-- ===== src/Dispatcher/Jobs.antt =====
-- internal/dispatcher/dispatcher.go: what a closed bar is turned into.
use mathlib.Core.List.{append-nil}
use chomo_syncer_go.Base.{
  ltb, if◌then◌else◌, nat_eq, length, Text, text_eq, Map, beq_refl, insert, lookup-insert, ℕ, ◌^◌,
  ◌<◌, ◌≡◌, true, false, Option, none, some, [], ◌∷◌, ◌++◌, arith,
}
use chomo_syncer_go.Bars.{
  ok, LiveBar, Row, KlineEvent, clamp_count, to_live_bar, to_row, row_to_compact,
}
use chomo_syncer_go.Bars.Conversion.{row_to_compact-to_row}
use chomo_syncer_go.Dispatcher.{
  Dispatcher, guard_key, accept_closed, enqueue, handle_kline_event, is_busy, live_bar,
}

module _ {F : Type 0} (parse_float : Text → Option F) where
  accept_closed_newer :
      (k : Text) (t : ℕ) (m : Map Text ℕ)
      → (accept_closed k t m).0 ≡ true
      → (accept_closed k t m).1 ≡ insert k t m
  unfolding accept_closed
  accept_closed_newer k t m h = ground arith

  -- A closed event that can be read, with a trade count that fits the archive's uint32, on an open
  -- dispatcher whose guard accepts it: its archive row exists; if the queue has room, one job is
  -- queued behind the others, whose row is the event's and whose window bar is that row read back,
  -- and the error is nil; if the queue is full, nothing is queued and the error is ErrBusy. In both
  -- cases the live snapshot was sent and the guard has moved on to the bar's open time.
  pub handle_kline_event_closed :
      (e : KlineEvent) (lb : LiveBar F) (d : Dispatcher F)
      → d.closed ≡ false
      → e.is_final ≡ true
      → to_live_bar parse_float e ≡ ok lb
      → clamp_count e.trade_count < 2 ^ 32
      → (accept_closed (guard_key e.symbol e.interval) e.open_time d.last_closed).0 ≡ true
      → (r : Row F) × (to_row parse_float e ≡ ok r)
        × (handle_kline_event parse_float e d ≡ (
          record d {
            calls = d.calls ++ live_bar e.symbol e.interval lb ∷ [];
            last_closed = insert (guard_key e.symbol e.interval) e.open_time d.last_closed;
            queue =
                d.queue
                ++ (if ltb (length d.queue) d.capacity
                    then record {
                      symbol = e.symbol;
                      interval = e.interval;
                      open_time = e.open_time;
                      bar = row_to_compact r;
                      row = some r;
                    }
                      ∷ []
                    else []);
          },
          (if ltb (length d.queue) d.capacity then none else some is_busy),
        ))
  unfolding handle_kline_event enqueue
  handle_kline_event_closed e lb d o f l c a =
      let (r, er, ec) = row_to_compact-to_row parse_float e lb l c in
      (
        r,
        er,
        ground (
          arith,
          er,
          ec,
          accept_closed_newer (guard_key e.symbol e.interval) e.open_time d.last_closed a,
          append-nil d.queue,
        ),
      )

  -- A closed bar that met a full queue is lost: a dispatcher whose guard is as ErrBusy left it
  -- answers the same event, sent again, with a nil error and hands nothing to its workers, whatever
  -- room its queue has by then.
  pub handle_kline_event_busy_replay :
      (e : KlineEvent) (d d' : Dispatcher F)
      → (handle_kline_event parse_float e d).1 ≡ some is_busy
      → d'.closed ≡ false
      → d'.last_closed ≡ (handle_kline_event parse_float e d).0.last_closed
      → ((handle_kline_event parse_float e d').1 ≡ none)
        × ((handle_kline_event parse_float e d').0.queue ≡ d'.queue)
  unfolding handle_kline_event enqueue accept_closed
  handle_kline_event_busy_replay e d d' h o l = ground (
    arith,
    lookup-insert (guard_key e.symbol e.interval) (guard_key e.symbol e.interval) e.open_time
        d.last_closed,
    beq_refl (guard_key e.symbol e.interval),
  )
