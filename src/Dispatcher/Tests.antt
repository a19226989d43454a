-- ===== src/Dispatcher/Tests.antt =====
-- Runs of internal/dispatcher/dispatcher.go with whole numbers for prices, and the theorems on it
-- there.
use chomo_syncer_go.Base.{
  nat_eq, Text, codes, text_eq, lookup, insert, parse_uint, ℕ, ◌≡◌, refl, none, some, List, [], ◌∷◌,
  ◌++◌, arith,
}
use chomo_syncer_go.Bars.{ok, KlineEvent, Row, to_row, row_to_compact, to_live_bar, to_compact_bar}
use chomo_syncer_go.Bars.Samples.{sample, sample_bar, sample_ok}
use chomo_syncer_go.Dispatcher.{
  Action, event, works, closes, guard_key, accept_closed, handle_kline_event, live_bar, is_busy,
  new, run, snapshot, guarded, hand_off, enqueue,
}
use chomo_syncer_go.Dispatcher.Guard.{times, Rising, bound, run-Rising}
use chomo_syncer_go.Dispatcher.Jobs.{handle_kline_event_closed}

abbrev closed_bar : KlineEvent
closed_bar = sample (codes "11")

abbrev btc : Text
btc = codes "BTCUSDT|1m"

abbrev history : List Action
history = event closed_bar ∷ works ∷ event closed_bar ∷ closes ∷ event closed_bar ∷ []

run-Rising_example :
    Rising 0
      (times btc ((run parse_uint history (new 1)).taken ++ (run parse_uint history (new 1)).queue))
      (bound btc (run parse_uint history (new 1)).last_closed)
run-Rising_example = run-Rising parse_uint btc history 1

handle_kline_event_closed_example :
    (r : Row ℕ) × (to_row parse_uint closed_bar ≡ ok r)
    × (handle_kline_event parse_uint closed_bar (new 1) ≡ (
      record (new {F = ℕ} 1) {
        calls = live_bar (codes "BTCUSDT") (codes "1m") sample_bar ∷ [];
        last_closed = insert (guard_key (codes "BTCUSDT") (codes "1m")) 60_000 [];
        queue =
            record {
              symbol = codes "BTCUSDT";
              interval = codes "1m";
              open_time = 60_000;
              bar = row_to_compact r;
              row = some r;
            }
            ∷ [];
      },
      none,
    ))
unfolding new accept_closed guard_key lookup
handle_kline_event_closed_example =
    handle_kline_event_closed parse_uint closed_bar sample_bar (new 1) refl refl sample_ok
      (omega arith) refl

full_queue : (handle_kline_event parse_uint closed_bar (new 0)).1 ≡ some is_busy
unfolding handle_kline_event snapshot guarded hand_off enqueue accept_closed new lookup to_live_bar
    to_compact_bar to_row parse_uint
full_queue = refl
•••
Type the records again in full, matching them exactly.

-- ===== src/Dispatcher/Jobs.antt =====
-- internal/dispatcher/dispatcher.go: what a closed bar is turned into.
use mathlib.Core.List.{append-nil}
use chomo_syncer_go.Base.{
  ltb, if◌then◌else◌, nat_eq, length, Text, text_eq, Map, beq_refl, insert, lookup-insert, ℕ, ◌^◌,
  ◌<◌, ◌≡◌, true, false, Option, none, some, [], ◌∷◌, ◌++◌, arith,
}
use chomo_syncer_go.Bars.{
  ok, LiveBar, Row, KlineEvent, clamp_count, to_live_bar, to_row, row_to_compact,
}
use chomo_syncer_go.Bars.Conversion.{row_to_compact-to_row}
use chomo_syncer_go.Dispatcher.{
  Dispatcher, guard_key, accept_closed, enqueue, handle_kline_event, is_busy, live_bar,
}

module _ {F : Type 0} (parse_float : Text → Option F) where
  accept_closed_newer :
      (k : Text) (t : ℕ) (m : Map Text ℕ)
      → (accept_closed k t m).0 ≡ true
      → (accept_closed k t m).1 ≡ insert k t m
  unfolding accept_closed
  accept_closed_newer k t m h = ground arith

  -- A closed event that can be read, with a trade count that fits the archive's uint32, on an open
  -- dispatcher whose guard accepts it: its archive row exists; if the queue has room, one job is
  -- queued behind the others, whose row is the event's and whose window bar is that row read back,
  -- and the error is nil; if the queue is full, nothing is queued and the error is ErrBusy. In both
  -- cases the live snapshot was sent and the guard has moved on to the bar's open time.
  pub handle_kline_event_closed :
      (e : KlineEvent) (lb : LiveBar F) (d : Dispatcher F)
      → d.closed ≡ false
      → e.is_final ≡ true
      → to_live_bar parse_float e ≡ ok lb
      → clamp_count e.trade_count < 2 ^ 32
      → (accept_closed (guard_key e.symbol e.interval) e.open_time d.last_closed).0 ≡ true
      → (r : Row F) × (to_row parse_float e ≡ ok r)
        × (handle_kline_event parse_float e d ≡ (
          record d {
            calls = d.calls ++ live_bar e.symbol e.interval lb ∷ [];
            last_closed = insert (guard_key e.symbol e.interval) e.open_time d.last_closed;
            queue =
                d.queue
                ++ (if ltb (length d.queue) d.capacity
                    then record {
                      symbol = e.symbol;
                      interval = e.interval;
                      open_time = e.open_time;
                      bar = row_to_compact r;
                      row = some r;
                    }
                      ∷ []
                    else []);
          },
          (if ltb (length d.queue) d.capacity then none else some is_busy),
        ))
  unfolding handle_kline_event enqueue
  handle_kline_event_closed e lb d o f l c a =
      let (r, er, ec) = row_to_compact-to_row parse_float e lb l c in
      (
        r,
        er,
        ground (
          arith,
          er,
          ec,
          accept_closed_newer (guard_key e.symbol e.interval) e.open_time d.last_closed a,
          append-nil d.queue,
        ),
      )

  -- A closed bar that met a full queue is lost: a dispatcher whose guard is as ErrBusy left it
  -- answers the same event, sent again, with a nil error and hands nothing to its workers, whatever
  -- room its queue has by then.
  pub handle_kline_event_busy_replay :
      (e : KlineEvent) (d d' : Dispatcher F)
      → (handle_kline_event parse_float e d).1 ≡ some is_busy
      → d'.closed ≡ false
      → d'.last_closed ≡ (handle_kline_event parse_float e d).0.last_closed
      → ((handle_kline_event parse_float e d').1 ≡ none)
        × ((handle_kline_event parse_float e d').0.queue ≡ d'.queue)
  unfolding handle_kline_event enqueue accept_closed
  handle_kline_event_busy_replay e d d' h o l = ground (
    arith,
    lookup-insert (guard_key e.symbol e.interval) (guard_key e.symbol e.interval) e.open_time
        d.last_closed,
    beq_refl (guard_key e.symbol e.interval),
  )
filename src/Dispatcher/Tests.antt
repository a19226989d43454a
-- ===== src/Dispatcher/Tests.antt =====
-- Runs of internal/dispatcher/dispatcher.go with whole numbers for prices, and the theorems on it
-- there.
use chomo_syncer_go.Base.{
  nat_eq, Text, codes, text_eq, lookup, insert, parse_uint, ℕ, ◌≡◌, refl, none, some, List, [], ◌∷◌,
  ◌++◌, arith,
}
use chomo_syncer_go.Bars.{ok, KlineEvent, Row, to_row, row_to_compact, to_live_bar, to_compact_bar}
use chomo_syncer_go.Bars.Samples.{sample, sample_bar, sample_ok}
use chomo_syncer_go.Dispatcher.{
  Action, event, works, closes, guard_key, accept_closed, handle_kline_event, live_bar, is_busy,
  new, run, snapshot, guarded, hand_off, enqueue,
}
use chomo_syncer_go.Dispatcher.Guard.{times, Rising, bound, run-Rising}
use chomo_syncer_go.Dispatcher.Jobs.{handle_kline_event_closed}

abbrev closed_bar : KlineEvent
closed_bar = sample (codes "11")

abbrev btc : Text
btc = codes "BTCUSDT|1m"

abbrev history : List Action
history = event closed_bar ∷ works ∷ event closed_bar ∷ closes ∷ event closed_bar ∷ []

run-Rising_example :
    Rising 0
      (times btc ((run parse_uint history (new 1)).taken ++ (run parse_uint history (new 1)).queue))
      (bound btc (run parse_uint history (new 1)).last_closed)
run-Rising_example = run-Rising parse_uint btc history 1

handle_kline_event_closed_example :
    (r : Row ℕ) × (to_row parse_uint closed_bar ≡ ok r)
    × (handle_kline_event parse_uint closed_bar (new 1) ≡ (
      record (new {F = ℕ} 1) {
        calls = live_bar (codes "BTCUSDT") (codes "1m") sample_bar ∷ [];
        last_closed = insert (guard_key (codes "BTCUSDT") (codes "1m")) 60_000 [];
        queue =
            record {
              symbol = codes "BTCUSDT";
              interval = codes "1m";
              open_time = 60_000;
              bar = row_to_compact r;
              row = some r;
            }
            ∷ [];
      },
      none,
    ))
unfolding new accept_closed guard_key lookup
handle_kline_event_closed_example =
    handle_kline_event_closed parse_uint closed_bar sample_bar (new 1) refl refl sample_ok
      (omega arith) refl

full_queue : (handle_kline_event parse_uint closed_bar (new 0)).1 ≡ some is_busy
unfolding handle_kline_event snapshot guarded hand_off enqueue accept_closed new lookup to_live_bar
    to_compact_bar to_row parse_uint
full_queue = refl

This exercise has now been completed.